What do our Western nations have a history of believing in? Democracy? Perhaps. But what is the democratic dream? Our history of dreaming seems poor- the West has crushed, crippled and subverted Democracy overseas at every opportunity, often in the name of Democracy itself. 

I believe in Democracy, but what we see now is not a version of Democracy worthy of any utopian dream. We see America killing their own citizens without trial. We see laws again in America giving greater and greater power to control their own people. We see protest efforts against corporate greed and corruption actively subverted and insulted by governments and corporate media. We seen the shameful treatment of Bradley Manning, the pursuit of Julian Assange and the targeted destruction of Wikileaks. We internationally see Western governments pushing for laws such as SOPA that control the Internet. In short we see the main proponents of Democracy to be powerful individuals who through their actions display nothing but the darkest contempt for this very institution. If it feels I am speaking as though America were the whole West, I apologize, but use these examples as equally relevant to Australia and other Western nations because every thing I have listed is either duplicated or unquestioningly tolerated by our own government.
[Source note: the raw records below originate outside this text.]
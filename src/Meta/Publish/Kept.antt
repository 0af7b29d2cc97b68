-- ===== src/Meta/Publish/Kept.antt =====
-- What a server keeps of the publications of meta data.
use libmio.Base.{◌≡◌, ap, ◌∙◌, String, List, Option, none, some, str_eq, if◌then◌else◌}
use libmio.Xml.{Strophe}
use libmio.Geoloc.{Doubles}
use libmio.Meta.{Property, TransducerMeta, Meta}
use libmio.Meta.Item.{meta_to_item}
use libmio.Meta.Trees.Whole.{HaveNoLocation}
use libmio.Meta.RoundTrip.{arrived_meta}
use libmio.Response.{Code, Response, Packet, packet}
use libmio.Reference.{Reference}
use libmio.Reference.Children.{Remote}
use libmio.Reference.Children.Kept.{described}
use libmio.Meta.Publish.{
  remove_transducers, remove_properties, publish_meta, without_geoloc, geoloc_remove_publish,
  remove_publish,
}

module _ {D : Type 0} where
  abbrev pub keep_meta_at : String → Meta D → (String → Meta D) → String → Meta D
  keep_meta_at node m metas j = if str_eq node j then m else metas j

  -- Meta data without a location.
  pub record IsUnlocated (m : Meta D) : Type 0 where
    pub here : m.geoloc ≡ none
    pub there : HaveNoLocation m.transducers

-- A server that keeps meta data as they arrive, answers with them, and answers each query for
-- references.
pub record KeepsMeta {W : Type 0} (x : Strophe) (d : Doubles) (remote : Remote W d.Double x)
    (references_code : W → String → Code) (metas : W → String → Meta d.Double) : Type 0 where
  pub queried : (w : W) (node : String) → metas (remote.meta_query w node).0 ≡ metas w
  pub answers : (w : W) (node : String) → (remote.meta_query w node).1 ≡ described (metas w node)
  pub asked : (w : W) (node : String) → metas (remote.references_query w node).0 ≡ metas w
  pub lists :
      (w : W) (node : String)
      → (p : Packet (List Reference)) × ((remote.references_query w node).1.response ≡ packet p)
  pub answered_references : (w : W) (node : String) → references_code w node ≡ Code.ok
  pub publishes :
      (w : W) (m : Meta d.Double) (item : x.Stanza) (node : String) (r : Response Unit)
      → IsUnlocated m
      → meta_to_item x d m ≡ some (some item)
      → (w' : W) × (r' : Response Unit) × (remote.publish w (some item) node r
          ≡ some (w', Code.ok, r'))
        × (metas w' ≡ keep_meta_at node (arrived_meta m) (metas w))

module _ {W : Type 0} (x : Strophe) (d : Doubles) (remote : Remote W d.Double x)
    (references_code : W → String → Code) (metas : W → String → Meta d.Double)
    (kept : KeepsMeta x d remote references_code metas) where
  open d use {Double}
  open remote use {references_query, meta_query, publish}

  publish_meta-keeps :
      (w : W) (node : String) (response : Response Unit) (m : Meta Double) (item : x.Stanza)
      → IsUnlocated m
      → meta_to_item x d m ≡ some (some item)
      → (w' : W) × (r' : Response Unit) × (publish_meta x d remote w node response m
          ≡ some (Code.ok, w', r'))
        × (metas w' ≡ keep_meta_at node (arrived_meta m) (metas w))
  publish_meta-keeps w node response m item h e =
      let (w', r', published, after) = kept.publishes w m item node response h e in
      (w', r', rw (e, published), after)

  -- At a server that keeps meta data as they arrive and answers with them: where the node's meta
  -- data without the location of the named transducer, or where none is named without their own,
  -- have no location and have an item, the call returns MIO_OK, and the server keeps just this for
  -- the node, as it arrives, and for the other nodes what it kept before.
  pub geoloc_remove_publish-keeps :
      (w : W) (node : String) (transducer_name : Option String) (left : Meta Double)
      (response : Response Unit) (item : x.Stanza)
      → without_geoloc x d remote (metas w node) transducer_name ≡ some left
      → IsUnlocated left
      → meta_to_item x d left ≡ some (some item)
      → (w' : W) × (r' : Response Unit) × (geoloc_remove_publish x d remote w node transducer_name
            response
          ≡ some (Code.ok, w', r'))
        × (metas w' ≡ keep_meta_at node (arrived_meta left) (metas w))
  unfolding geoloc_remove_publish
  geoloc_remove_publish-keeps w node transducer_name left response item e h built =
      let w1 = (meta_query w node).0 in
      let (w', r', published, after) = publish_meta-keeps w1 node response left item h built in
      (
        w',
        r',
        rw (kept.answers w node, e) published,
        after ∙ ap (keep_meta_at node (arrived_meta left)) (kept.queried w node),
      )

  -- At a server that keeps meta data as they arrive and answers with them: where the transducers
  -- and properties with the given names can be removed from the node's meta data, and what is left
  -- has no location and has an item, the call returns MIO_OK, and the server keeps just this for
  -- the node, as it arrives, and for the other nodes what it kept before.
  pub remove_publish-keeps :
      (retract : W → String → Response Unit → W × Code × Response Unit) (w : W) (node : String)
      (transducer_names property_names : List String) (ts : List (TransducerMeta Double))
      (ps : List Property) (response : Response Unit) (item : x.Stanza)
      → remove_transducers (metas w node).transducers transducer_names ≡ some ts
      → remove_properties (metas w node).properties property_names ≡ some ps
      → IsUnlocated (record (metas w node) { transducers = ts; properties = ps })
      → meta_to_item x d (record (metas w node) { transducers = ts; properties = ps })
        ≡ some (some item)
      → (w' : W) × (r' : Response Unit) × (remove_publish x d remote retract w node none
            transducer_names property_names response
          ≡ some (Code.ok, w', r'))
        × (metas w'
            ≡ keep_meta_at node
                (arrived_meta (record (metas w node) { transducers = ts; properties = ps }))
                (metas w))
  unfolding remove_publish
  remove_publish-keeps retract w node transducer_names property_names ts ps response item et ep h
        built =
      let w1 = (meta_query w node).0 in
      let left : Meta Double = record (metas w node) { transducers = ts; properties = ps } in
      let (w', r', published, after) = publish_meta-keeps w1 node response left item h built in
      (
        w',
        r',
        rw (kept.answers w node, et, ep) published,
        after ∙ ap (keep_meta_at node (arrived_meta left)) (kept.queried w node),
      )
This 'Democracy' is not a utopian vision, a dream that can compete with the Communists vision of a paradise of equality. Has our Democracy lost the power to dream? We seem desensitized to the ways in which what we call Democracy manifests itself. Our political narrative has been reduced to a rehashed Summer Blockbuster. We find a villain, fight, kill, repeat. We're so accustomed to the plot now we can even cheer in all the right places. The killing of Osama Bin Laden was so well drawn into this goodies baddies narrative that the questions about 'rule of law' were drowned out by the cheering.

The ruling forces maintain an aesthetic democracy, without substance as an ideology; something nice to shout, to claim allegiance to without any real world obligations or repercussions. It's a trademark, a catch phrase, a sigil, a logo. This doesn't mean I'm claiming conspiracy, that we in fact live in a fascist civilization or any such; I do want to say that we are not encouraged to actually believe in Democracy in any depth beyond 'it's good' [and often thus by implication 'the others' are bad], and that based on what we have witnessed from our governments it is only regarded as valuable as long as it remains consistent with the existing power holders ability to do whatever they like.

If we want to believe in freedom, Democracy and rule of law, the first step is to relearn to dream; these are not pretty words, they mean real, big, brilliant things. How  could those things serve humanity? Try closing your eyes first.
Haven't paid rent since 2014 with ONE WEIRD TRICK.

Lord Cataplanga

We definitively learned the wrong lesson after the epic fail of the communist regimes. It seems people are now too afraid to even try to reform capitalism, and trying any other system of economics is now inconceivable.

Seriously, we should at least pretend we can dream of something better, so we can restore the Threat of Insurrection that Cain was talking about in another thread.